The nation's first “SlurryCarb” facility, shown here, is sited on an old landfill next to a wastewater treatment plant that serves Rialto, Calif. Fees from communities that bring their sludge to this facility will go to the city's general fund. Source: MBN Group Inc.

Five Los Angeles-area sanitation districts have signed on with Atlanta-based EnerTech Environmental, a developer of renewable energy technologies, to convert their biosolids into a renewable fuel, called E-Fuel.

Scheduled to open in mid-2008, the nation's first commercial “sludge-to-fuel” facility is expected to convert 675 wet tons per day of sludge into about 145 tons per day of E-fuel, which will be sold to a local cement kiln as a coal alternative.

Until the development of the patented “Slurry-Carb” process, wastewater treatment plants have disposed of their primary byproduct—biosolids—by selling it as fertilizer, shipping it to landfills, or incinerating it onsite to power their pumps and boilers. The latter option has become less popular in light of tougher air restrictions and other sludge-to-fuel technologies, such as thermal drying, that often consume more energy than the resulting product generates.

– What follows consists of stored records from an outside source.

-- ===== src/Engine/Ingest.antt =====
-- `AnalysisEngine::ingest`: one function for each kind of event, and the caches that an event clears
-- (crates/protocol/src/lib.rs).
use android_ebpf_studio.Prelude.{
  ℕ, ◌+◌, Bool, true, false, not, Option, none, some, List, [], ◌∷◌, ◌++◌, leb, eqb, if◌then◌else◌,
  saturating_add, ◌==◌, nat_eq, pair_eq, list_eq,
}
use android_ebpf_studio.Events.File.{AttributionConfidence, FileIo}
use android_ebpf_studio.Events.Node.{
  IoNode, IoEdge, IoNodeKind, IoRelation, EdgeConfidence, confidence_eq, RequestOrigin,
  end_or_start, weakest,
}
use android_ebpf_studio.Events.Pipeline.{
  PipelineLayer, layer_eq, PipelinePhase, CorrelationConfidence, PipelineObservation,
}
use android_ebpf_studio.Events.Completed.{CompletedIo}
use android_ebpf_studio.Wire.{
  StorageEvent, scheduler_io_wait, block_insert, block_issue, block_complete,
  observed_block_completion, file_io, pipeline, request_origin, node, edge,
}
use android_ebpf_studio.Correlator.{is_some}
use android_ebpf_studio.Stats.{bounded_push, max_analysis_samples}
use android_ebpf_studio.Engine.State.{AnalysisEngine, observe_ts}
use android_ebpf_studio.Engine.Pairing.{ingest_pipeline}
use android_ebpf_studio.Events.Text.{
  direct_origin_name, extent_origin_name, extent_match, incomplete_match, direct_match,
}
use android_ebpf_studio.Events.Names.{
  file_name, block_request_node_id, request_origin_node_id, request_origin_edge_id,
}
use android_ebpf_studio.Engine.Blocks.{
  ingest_wait, ingest_insert, ingest_issue, ingest_complete, ingest_observed,
}

abbrev pub is_attributed : AttributionConfidence → Bool
is_attributed AttributionConfidence.attributed = true
is_attributed AttributionConfidence.exact = true
is_attributed _ = false

-- `u32::try_from(..).ok()`
abbrev to_u32 : ℕ → Option ℕ
to_u32 n = if leb n 4294967295 then some n else none

abbrev pub file_span : FileIo → PipelineObservation
file_span file = record {
  ts_ns = file.start_ts_ns;
  operation = some file.operation;
  end_ts_ns = some file.end_ts_ns;
  phase = PipelinePhase.span;
  layer = PipelineLayer.syscall;
  correlation_id = none;
  stage_key = none;
  sector = none;
  bytes = to_u32 file.requested_bytes;
  opcode = none;
  status = none;
  pid = file.pid;
  tid = file.tid;
  name = file_name file.operation file.fd;
  confidence = CorrelationConfidence.probable;
}

abbrev next_generation : AnalysisEngine → ℕ
next_generation e = saturating_add e.attribution_generation 1

unfoldable pub ingest_file : AnalysisEngine → FileIo → AnalysisEngine
ingest_file e file =
    let seen = observe_ts (observe_ts e file.start_ts_ns) file.end_ts_ns in
    record seen {
      attribution_generation = next_generation e;
      summary = record e.summary {
        file_ios = e.summary.file_ios + 1;
        attributed_file_ios =
            e.summary.attributed_file_ios + (if is_attributed file.confidence then 1 else 0);
      };
      pipeline_observations =
          if leb file.start_ts_ns file.end_ts_ns
          then e.pipeline_observations ++ file_span file ∷ []
          else e.pipeline_observations;
      file_ios = bounded_push max_analysis_samples e.retain_all_evidence e.file_ios file;
    }

unfoldable pub ingest_node : AnalysisEngine → IoNode → AnalysisEngine
ingest_node e n =
    let seen = observe_ts (observe_ts e n.start_ts_ns) (end_or_start n) in
    record seen {
      attribution_generation = next_generation e;
      graph_nodes = bounded_push max_analysis_samples e.retain_all_evidence e.graph_nodes n;
    }

abbrev is_direct : RequestOrigin → Bool
is_direct o = o.request_lifetime_confidence == EdgeConfidence.exact

abbrev origin_node : RequestOrigin → IoNode
origin_node o = record {
  node_id = request_origin_node_id o.request_id o.origin_id;
  transaction_id = some o.request_id;
  kind = IoNodeKind.bio;
  start_ts_ns = o.ts_ns;
  end_ts_ns = some o.ts_ns;
  origin = o.origin;
  file = some o.file;
  path = o.path;
  operation = some o.operation;
  bytes = o.bytes;
  pid = o.pid;
  tid = o.tid;
  name = if is_direct o then direct_origin_name else extent_origin_name;
}

abbrev origin_edge : RequestOrigin → IoEdge
origin_edge o = record {
  edge_id = request_origin_edge_id o.request_id o.origin_id;
  transaction_id = some o.request_id;
  from_node_id = request_origin_node_id o.request_id o.origin_id;
  to_node_id = block_request_node_id o.request_id;
  relation = IoRelation.merged_into;
  confidence = weakest o.file_origin_confidence o.request_lifetime_confidence;
  evidence =
      record {
        match_type =
            if not (is_direct o)
            then extent_match
            else if o.incomplete
            then incomplete_match
            else direct_match;
        opaque_key = some o.origin_id;
        delta_ns = none;
        candidate_count = 1;
        sector_match = not (is_direct o);
        bytes_match = is_some o.bytes;
        task_match = not (eqb o.pid 0);
      }
      ∷ [];
}

unfoldable pub ingest_origin : AnalysisEngine → RequestOrigin → AnalysisEngine
ingest_origin e o =
    let seen = observe_ts e o.ts_ns in
    record seen {
      attribution_generation = next_generation e;
      graph_nodes =
          bounded_push max_analysis_samples e.retain_all_evidence e.graph_nodes (origin_node o);
      graph_edges =
          bounded_push max_analysis_samples e.retain_all_evidence e.graph_edges (origin_edge o);
    }

unfoldable pub ingest_edge : AnalysisEngine → IoEdge → AnalysisEngine
ingest_edge e v = record e {
  attribution_generation = next_generation e;
  graph_edges = bounded_push max_analysis_samples e.retain_all_evidence e.graph_edges v;
}

abbrev pub is_evidence : StorageEvent → Bool
is_evidence (file_io v) = true
is_evidence (pipeline v) = true
is_evidence (request_origin v) = true
is_evidence (node v) = true
is_evidence (edge v) = true
is_evidence _ = false

-- The caches that an event makes stale.
abbrev pub clear_caches : AnalysisEngine → StorageEvent → AnalysisEngine
clear_caches e event =
    if is_evidence event
    then record e {
      summary_cache = none;
      pipeline_cache = [];
      transaction_cache = [];
      analysis_index = none;
      slow_reason_cache = [];
    }
    else record e { summary_cache = none }

abbrev answer_nothing : AnalysisEngine → AnalysisEngine × Option CompletedIo
answer_nothing e = (e, none)

unfoldable pub dispatch : AnalysisEngine → StorageEvent → AnalysisEngine × Option CompletedIo
dispatch e (scheduler_io_wait v) = answer_nothing (ingest_wait e v)
dispatch e (block_insert v) = answer_nothing (ingest_insert e v)
dispatch e (block_issue v) = answer_nothing (ingest_issue e v)
dispatch e (block_complete v) = ingest_complete e v
dispatch e (observed_block_completion v) = ingest_observed e v
dispatch e (file_io v) = answer_nothing (ingest_file e v)
dispatch e (pipeline v) = answer_nothing (ingest_pipeline e v)
dispatch e (request_origin v) = answer_nothing (ingest_origin e v)
dispatch e (node v) = answer_nothing (ingest_node e v)
dispatch e (edge v) = answer_nothing (ingest_edge e v)

unfoldable pub ingest : AnalysisEngine → StorageEvent → AnalysisEngine × Option CompletedIo
ingest e event = dispatch (clear_caches e event) event

-- The engine after the events, in order.
unfoldable pub run : AnalysisEngine → List StorageEvent → AnalysisEngine
run e [] = e
run e (event ∷ events) = run (ingest e event).0 events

Using heat and pressure, the SlurryCarb process chemically carbonizes the organic matter in the biosolids and ruptures the cell walls, releasing bound water. The resulting slurry is dewatered to 50% total solids using centrifugation rather than evaporation; it then dries using about two-thirds less energy than conventional drying methods. The energy savings result in about one-third reduction in overall cost when compared to traditional biosolids drying methods. The final product, E-Fuel, can be sold as a renewable fuel with approximately 7000 BTU per pound.

The SlurryCarb facility will be located next to the wastewater treatment plant in Rialto, reducing hauling costs of the biosolids as well as fossil-fuel emissions. None of the public works entities involved—Rialto, San Bernardino, Riverside, Orange County Sanitation District, and Los Angeles County Sanitation District—contributed to funding the new facility, which is owned and operated by EnerTech. The $78 million project is financed through private equity funds.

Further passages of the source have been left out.